(Stored data)
+---+

-- ===== src/Auth/Passwords.antt =====
-- ui/app/auth.py: password hashes. scrypt and base64 are parameters; a call of them that raises
-- ValueError is `none`.
use openvpn_server.Base.{
  ℕ, ◌≡◌, ◌∙◌, refl, ap, sym, Bool, true, false, not, ◌&&◌, Option, none, some, List, [], ◌∷◌, ◌++◌,
  arith, Text, text_eq, text_eq_refl, text_eq_sound, codes, if◌then◌else◌, ◌==◌, split,
  contains_code, length, Bool-cases, Option-cases, inl, inr, ℤ, pos, int_of, str_of, take, drop,
}

abbrev pub scrypt_n : ℕ
scrypt_n = 32768

abbrev pub scrypt_r : ℕ
scrypt_r = 8

abbrev pub scrypt_p : ℕ
scrypt_p = 3

abbrev dollar : ℕ
dollar = b'$'

-- The library calls: scrypt of a password with a salt, n, r, p and the length of the digest; base64.
pub record Crypto : Type 0 where
  pub scrypt : Text → Text → ℤ → ℤ → ℤ → ℕ → Option Text
  pub b64encode : Text → Text
  pub b64decode : Text → Option Text

-- What base64 promises.
pub record IsBase64 (c : Crypto) : Type 0 where
  pub decode : (b : Text) → c.b64decode (c.b64encode b) ≡ some b
  pub alphabet : (b : Text) → contains_code (c.b64encode b) dollar ≡ false

abbrev pub parameters : Text
parameters = str_of scrypt_n ++ dollar ∷ (str_of scrypt_r ++ dollar ∷ str_of scrypt_p)

-- "scrypt${}${}${}${}${}".format(...)
abbrev pub stored_text : Crypto → Text → Text → Text
stored_text c salt digest =
    codes "scrypt"
    ++ dollar ∷ (parameters ++ dollar ∷ (c.b64encode salt ++ dollar ∷ c.b64encode digest))

-- `hash_password` with the salt that `os.urandom` gave.
unfoldable pub hash_password : Crypto → Text → Text → Option Text
hash_password c password salt =
    elim (c.scrypt password salt (pos scrypt_n) (pos scrypt_r) (pos scrypt_p) 32) [
      | none ↦ none
      | some digest ↦ some (stored_text c salt digest)
    ]

-- The comparison, once the parts of the stored hash are read.
unfoldable pub check_digest : Crypto → Text → Text → Text → Option ℤ → Option ℤ → Option ℤ → Bool
check_digest c password salt expected (some n) (some r) (some p) =
    elim (c.scrypt password salt n r p (length expected)) [
      | none ↦ false
      | some digest ↦ text_eq digest expected
    ]
check_digest c password salt expected _ _ _ = false

unfoldable pub check_parts : Crypto → Text → List Text → Bool
unfolding check_digest
check_parts c password (algo ∷ n ∷ r ∷ p ∷ salt ∷ digest ∷ []) =
    if not (text_eq algo (codes "scrypt")) then false else (elim (c.b64decode salt) [
      | none ↦ false
      | some s ↦ (elim (c.b64decode digest) [
        | none ↦ false
        | some expected ↦ check_digest c password s expected (int_of n) (int_of r) (int_of p)
      ])
    ])
check_parts c password _ = false

-- Every ValueError on the way is a refusal.
unfoldable pub verify_password : Crypto → Text → Text → Bool
verify_password c password stored = check_parts c password (split stored dollar)

unfoldable pub texts_eq : List Text → List Text → Bool
texts_eq [] [] = true
texts_eq (s ∷ ss) (t ∷ ts) = text_eq s t && texts_eq ss ts
texts_eq _ _ = false

-- `stored.split("$")[1:4]` against today's parameters.
unfoldable pub needs_rehash : Text → Bool
needs_rehash stored = not (
    texts_eq (take 3 (drop 1 (split stored dollar)))
      (str_of scrypt_n ∷ str_of scrypt_r ∷ str_of scrypt_p ∷ []))

split-append :
    (s rest : Text) (sep : ℕ)
    → contains_code s sep ≡ false
    → split (s ++ sep ∷ rest) sep ≡ s ∷ split rest sep
unfolding split contains_code
split-append [] rest sep h = ground arith
split-append (c ∷ s) rest sep h = elim (Bool-cases (c == sep)) [
  | inl e ↦ absurd (ground arith)
  | inr e ↦ rw e (rw (split-append s rest sep (ground arith)))
]

split_none : (s : Text) (sep : ℕ) → contains_code s sep ≡ false → split s sep ≡ s ∷ []
unfolding split contains_code
split_none [] sep h = refl
split_none (c ∷ s) sep h = elim (Bool-cases (c == sep)) [
  | inl e ↦ absurd (ground arith)
  | inr e ↦ rw e (rw (split_none s sep (ground arith)))
]

abbrev parts : Crypto → Text → Text → List Text
parts c salt digest =
    codes "scrypt"
    ∷ str_of scrypt_n
    ∷ str_of scrypt_r
    ∷ str_of scrypt_p
    ∷ c.b64encode salt
    ∷ c.b64encode digest
    ∷ []

split-stored_text :
    (c : Crypto) (salt digest : Text)
    → IsBase64 c
    → split (stored_text c salt digest) dollar ≡ parts c salt digest
unfolding split str_of
split-stored_text c salt digest laws = rw (
  split-append (c.b64encode salt) (c.b64encode digest) dollar (laws.alphabet salt),
  split_none (c.b64encode digest) dollar (laws.alphabet digest),
)

hash_password-eq :
    (c : Crypto) (password salt stored : Text)
    → hash_password c password salt ≡ some stored
    → (digest : Text) × (c.scrypt password salt (pos scrypt_n) (pos scrypt_r) (pos scrypt_p) 32
        ≡ some digest)
      × (stored ≡ stored_text c salt digest)
unfolding hash_password
hash_password-eq c password salt stored h =
    elim (Option-cases (c.scrypt password salt (pos scrypt_n) (pos scrypt_r) (pos scrypt_p) 32)) [
      | inl bad ↦ absurd (ground arith)
      | inr (digest, good) ↦ (digest, good, ground arith)
    ]

check-parts :
    (c : Crypto) (password salt digest : Text)
    → IsBase64 c
    → check_parts c password (parts c salt digest)
      ≡ (elim (c.scrypt password salt
          (pos scrypt_n)
          (pos scrypt_r)
          (pos scrypt_p)
          (length digest)) [ none ↦ false | some other ↦ text_eq other digest ])
unfolding check_parts str_of int_of text_eq
check-parts c password salt digest laws = rw (laws.decode salt, laws.decode digest)

-- A hash that `hash_password` made is accepted for its password and needs no new hash, if base64
-- decodes what it encodes and uses no dollar sign, and scrypt gives digests of the length asked for.
pub verify_password-hash_password :
    (c : Crypto) (password salt stored : Text)
    → IsBase64 c
    → ((p s d : Text) (n r q : ℤ) (len : ℕ) → c.scrypt p s n r q len ≡ some d → length d ≡ len)
    → hash_password c password salt ≡ some stored
    → (verify_password c password stored ≡ true) × (needs_rehash stored ≡ false)
unfolding verify_password needs_rehash texts_eq
verify_password-hash_password c password salt stored laws size h =
    let (digest, made, text) = hash_password-eq c password salt stored h in
    rw (text, split-stored_text c salt digest laws)
      (
        check-parts c password salt digest laws
            ∙ rw (size _ _ digest _ _ _ 32 made, made) (text_eq_refl digest),
        rw (
          text_eq_refl (str_of scrypt_n),
          text_eq_refl (str_of scrypt_r),
          text_eq_refl (str_of scrypt_p),
        ),
      )

accepted :
    (o : Option Text) (d : Text)
    → (elim o [ none ↦ false | some other ↦ text_eq other d ]) ≡ true
    → o ≡ some d
accepted none d h = cc
accepted (some other) d h = ap some (text_eq_sound other d h)

-- Another password is refused unless scrypt gives the same digest for it.
verify_password-other :
    (c : Crypto) (password other salt digest stored : Text)
    → IsBase64 c
    → ((p s d : Text) (n r q : ℤ) (len : ℕ) → c.scrypt p s n r q len ≡ some d → length d ≡ len)
    → c.scrypt password salt (pos scrypt_n) (pos scrypt_r) (pos scrypt_p) 32 ≡ some digest
    → hash_password c password salt ≡ some stored
    → verify_password c other stored ≡ true
    → c.scrypt other salt (pos scrypt_n) (pos scrypt_r) (pos scrypt_p) 32 ≡ some digest
unfolding verify_password
verify_password-other c password other salt digest stored laws size made h ok =
    let (d, m, text) = hash_password-eq c password salt stored h in
    let same : d ≡ digest = cc in
    let read : check_parts c other (parts c salt d) ≡ true =
      rw (text, split-stored_text c salt d laws) at ok in
    let checked = accepted _ d (sym (check-parts c other salt d laws) ∙ read) in
    rw (size _ _ d _ _ _ 32 m, same) at checked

+---+

### Instructions for the task
From the data above, return every line from the line that has "split_none (c.b64encode digest)" up to and including the line that has "check-parts c password salt digest laws = rw", exactly.

### Answer space
  split_none (c.b64encode digest) dollar (laws.alphabet digest),
)

hash_password-eq :
    (c : Crypto) (password salt stored : Text)
    → hash_password c password salt ≡ some stored
    → (digest : Text) × (c.scrypt password salt (pos scrypt_n) (pos scrypt_r) (pos scrypt_p) 32
        ≡ some digest)
      × (stored ≡ stored_text c salt digest)
unfolding hash_password
hash_password-eq c password salt stored h =
    elim (Option-cases (c.scrypt password salt (pos scrypt_n) (pos scrypt_r) (pos scrypt_p) 32)) [
      | inl bad ↦ absurd (ground arith)
      | inr (digest, good) ↦ (digest, good, ground arith)
    ]

check-parts :
    (c : Crypto) (password salt digest : Text)
    → IsBase64 c
    → check_parts c password (parts c salt digest)
      ≡ (elim (c.scrypt password salt
          (pos scrypt_n)
          (pos scrypt_r)
          (pos scrypt_p)
          (length digest)) [ none ↦ false | some other ↦ text_eq other digest ])
unfolding check_parts str_of int_of text_eq
check-parts c password salt digest laws = rw (laws.decode salt, laws.decode digest)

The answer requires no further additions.